At the end of February, Guo did an improvisational performance titled Sonic Cure for UCCA Center of Contemporary Art with nine other artists. The performance was a live stream show on a video sharing app, Kuaishou. Guo performed with a rock singer and composer from China who plays guitar and another musician and producer from Boston who plays drums. Their performance attracted 500,000 people who watched simultaneously.
The guitarist, Yucao Liu, is a fan of the suona and Guo’s school mate at Berklee.
In the summer of 2013, Liu invited Guo to record the suona in his songs at Q Division studios in Somerville. The first song was called “Kim’s Doggy Execution,” whose 60-second intro consists of a resounding suona solo, strumming guitars and powerful drums. The sound out of the little copper horn was fresh. And when the producer applied the guitar's distortion effect to the suona soundbite, everyone in the room was shocked.
It was the first time that Benny Grotto, the producer for Liu, realized he was listening to the suona, and he was shocked by the power of Guo’s performance. “This man was awesome. He got a very gentle personality, but he made ferocious music,” Grotto thought.

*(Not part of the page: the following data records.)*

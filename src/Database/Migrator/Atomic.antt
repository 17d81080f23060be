-- ===== src/Database/Migrator/Atomic.antt =====
-- One migration is applied, or rolled back, together with its row, or nothing happens.
use gin_di.Prelude.{
  ℕ, ◌≡◌, refl, inl, inr, ◌⊎◌, Option, none, some, [], ◌∷◌, ◌++◌, Result, ok, err, Text,
  Result-cases,
}
use gin_di.Prelude.{◌∙◌, ap}
use gin_di.Database.Interface.{
  wrap, Database, Failure, cause, Statement, Records, without, IsTransactional, insert_migration,
  delete_migration, create_repository,
}
use gin_di.Database.Service
use gin_di.Database.Migrator.{
  codes, revert_in, create_in, apply_in, RegisteredMigration, committed, seal, change,
  in_transaction, apply, revert, ensure_repository,
}

module _ (d : Database) (laws : IsTransactional d) where
  open d use {Db, Tx, Error, exec, commit, rollback}
  open laws use {recorded, seen}

  -- A migration whose steps leave the migrations table alone.
  pub record IsOrdinary (m : RegisteredMigration d) : Type 0 where
    pub up_keeps : (tx : Tx) → (m.up tx).1 ≡ none → seen (m.up tx).0 ≡ seen tx
    pub down_keeps : (tx : Tx) → (m.down tx).1 ≡ none → seen (m.down tx).0 ≡ seen tx

  -- A method from `db` that ends with these rows, or fails and changes nothing.
  abbrev pub IsAtomic : Db → Records → Db × Result (Failure Error) (Unit {0}) → Type 0
  IsAtomic db rows r =
      ((r.1 ≡ ok tt) × (recorded r.0 ≡ rows)) ⊎ ((e : Failure Error) × (r ≡ (db, err e)))

  -- The step of a migration and the statement on its row went through in one transaction, which was
  -- committed and leaves these rows; or the call fails and the database is as before.
  abbrev pub IsCommitted :
      Db
      → (Tx → Tx × Option Error)
      → Statement
      → Records
      → Db × Result (Failure Error) (Unit {0})
      → Type 0
  IsCommitted db step statement rows r =
      ((tx : Tx) × (d.begin db ≡ ok tx)
        × ((step tx).1 ≡ none)
        × ((exec statement (step tx).0).1 ≡ none)
        × (r ≡ ((commit (exec statement (step tx).0).0 db).0, ok tt))
        × (recorded r.0 ≡ rows))
      ⊎ ((e : Failure Error) × (r ≡ (db, err e)))

  committed_rule :
      (P : Db × Result (Failure Error) (Unit {0}) → Type 0) (db : Db) (r : Db × Option Error)
      → ((e : Error) → r.1 ≡ some e → r.0 ≡ db)
      → (r.1 ≡ none → P (r.0, ok tt))
      → ((e : Failure Error) → P (db, err e))
      → P (committed d r)
  unfolding committed
  committed_rule P db (db', none) kept went failed = went refl
  committed_rule P db (db', some e) kept went failed =
      rw (kept e refl) (failed (wrap (codes "committing transaction: ") (cause e)))

  seal_rule :
      (P : Db × Result (Failure Error) (Unit {0}) → Type 0) (db : Db) (context : Text)
      (r : Tx × Option Error)
      → (r.1 ≡ none → (commit r.0 db).1 ≡ none → P ((commit r.0 db).0, ok tt))
      → ((e : Failure Error) → P (db, err e))
      → P (seal d r context db)
  unfolding seal
  seal_rule P db context (tx, none) went failed =
      committed_rule P db (commit tx db) (laws.commit_fails tx db) (went refl) failed
  seal_rule P db context (tx, some e) went failed =
      rw (laws.rollback_keeps tx db) (failed (wrap context (cause e)))

  change_rule :
      (P : Db × Result (Failure Error) (Unit {0}) → Type 0) (db : Db) (statement : Statement)
      (context : Text) (r : Tx × Option Error)
      → (r.1 ≡ none
          → (exec statement r.0).1 ≡ none
          → (commit (exec statement r.0).0 db).1 ≡ none
          → P ((commit (exec statement r.0).0 db).0, ok tt))
      → ((e : Failure Error) → P (db, err e))
      → P (change d r statement context db)
  unfolding change
  change_rule P db statement context (tx, none) went failed =
      seal_rule P db context (exec statement tx) (went refl) failed
  change_rule P db statement context (tx, some e) went failed =
      rw (laws.rollback_keeps tx db) (failed (cause e))

  in_transaction_rule :
      (P : Db × Result (Failure Error) (Unit {0}) → Type 0) (db : Db)
      (body : Tx → Db → Db × Result (Failure Error) (Unit {0}))
      → ((tx : Tx) → d.begin db ≡ ok tx → P (body tx db))
      → ((e : Failure Error) → P (db, err e))
      → P (in_transaction d body db)
  unfolding in_transaction Service.begin
  in_transaction_rule P db body run failed = elim (Result-cases (d.begin db)) [
    | inl (tx, e) ↦ rw (e, in_transaction) (run tx e)
    | inr (x, e) ↦
        rw (e, in_transaction)
          (failed (
            wrap (codes "beginning transaction: ")
              (wrap (codes "beginning transaction: ") (cause x))))
  ]

  -- A change of the migrations table behind a step that leaves it alone.
  change-IsCommitted :
      (step : Tx → Tx × Option Error) (statement : Statement) (context : Text)
      (rows : Records → Records) (db : Db)
      → ((tx : Tx) → (step tx).1 ≡ none → seen (step tx).0 ≡ seen tx)
      → ((tx : Tx) → (exec statement tx).1 ≡ none → seen (exec statement tx).0 ≡ rows (seen tx))
      → IsCommitted db step statement
          (rows (recorded db))
          (in_transaction d (λ tx. change d (step tx) statement context) db)
  change-IsCommitted step statement context rows db keeps writes =
      in_transaction_rule P db (λ tx. change d (step tx) statement context)
        (λ tx begun.
          change_rule P db statement context (step tx)
            (λ stepped written gone. inl (
              tx,
              begun,
              stepped,
              written,
              refl,
              laws.commit_publishes (exec statement (step tx).0).0 db gone
                  ∙ writes (step tx).0 written
                  ∙ ap rows (keeps tx stepped ∙ laws.begin_sees db tx begun),
            ))
            failed)
        failed
    where
      P : Db × Result (Failure Error) (Unit {0}) → Type 0
      P = IsCommitted db step statement (rows (recorded db))

      failed : (e : Failure Error) → P (db, err e)
      failed e = inr (e, refl)

  -- An ordinary migration, one that does not touch the rows itself, is applied together with its
  -- row: its Up and the insert of its row, both without an error, make up the transaction that is
  -- committed, and the row stands behind those that there were; or the call fails and the database
  -- is as before.
  pub apply-IsCommitted :
      (m : RegisteredMigration d) (batch : ℕ) (db : Db)
      → IsOrdinary m
      → IsCommitted db m.up
          (insert_migration m.name batch)
          (recorded db ++ (m.name, batch) ∷ [])
          (apply d m batch db)
  unfolding apply apply_in
  apply-IsCommitted m batch db h =
      change-IsCommitted m.up (insert_migration m.name batch) (codes "recording migration: ")
        (λ rows. rows ++ (m.name, batch) ∷ []) db h.up_keeps (laws.insert_sees m.name batch)

  -- An ordinary migration is rolled back together with its row, or the call fails and the
  -- database is as before.
  pub revert-IsCommitted :
      (m : RegisteredMigration d) (db : Db)
      → IsOrdinary m
      → IsCommitted db m.down
          (delete_migration m.name)
          (without m.name (recorded db))
          (revert d m db)
  unfolding revert revert_in
  revert-IsCommitted m db h =
      change-IsCommitted m.down (delete_migration m.name) (codes "forgetting migration: ")
        (without m.name) db h.down_keeps (laws.delete_sees m.name)

  pub apply-IsAtomic :
      (m : RegisteredMigration d) (batch : ℕ) (db : Db)
      → IsOrdinary m
      → IsAtomic db (recorded db ++ (m.name, batch) ∷ []) (apply d m batch db)
  apply-IsAtomic m batch db h = elim (apply-IsCommitted m batch db h) [
    | inl (tx, begun, stepped, written, went, rows) ↦ inl (ap (λ r. r.1) went, rows)
    | inr failed ↦ inr failed
  ]

  pub ensure_repository-IsAtomic : (db : Db) → IsAtomic db (recorded db) (ensure_repository d db)
  unfolding ensure_repository create_in
  ensure_repository-IsAtomic db =
      in_transaction_rule P db (create_in d)
        (λ tx begun.
          seal_rule P db (codes "creating migrations table: ") (exec create_repository tx)
            (λ made gone. inl (
              refl,
              laws.commit_publishes (exec create_repository tx).0 db gone
                  ∙ laws.create_sees tx made
                  ∙ laws.begin_sees db tx begun,
            ))
            failed)
        failed
    where
      P : Db × Result (Failure Error) (Unit {0}) → Type 0
      P = IsAtomic db (recorded db)

      failed : (e : Failure Error) → P (db, err e)
      failed e = inr (e, refl)

  -- Creating the table anew changes no row, whether it succeeds or not.
  pub ensure_repository-recorded : (db : Db) → recorded (ensure_repository d db).0 ≡ recorded db
  ensure_repository-recorded db = elim (ensure_repository-IsAtomic db) [
    | inl (_, same_rows) ↦ same_rows
    | inr (e, same_db) ↦ ap (λ r. recorded r.0) same_db
  ]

“At first I was curious about what the suona could do,” Liu said, “but that day I affirmed my mind to make rock music with the suona.” Liu used the suona in five of the 10 songs on his debut album, The Rite of Spring, which was highly rated by music critics.
The success of Liu's debut album became a proof of the suona's revival. “I really admire what Guo did for Chinese music,” Liu said, “There are seldom artists that accomplished great achievements as he did, and he never gives up trying something new.”
He, Guo’s wife, admires Guo’s exuberant curiosity. “A sincere musician who develops music is like a child playing a game that keeps updating itself. He enjoys the process to discover the possibility of music, and he’s good at it.”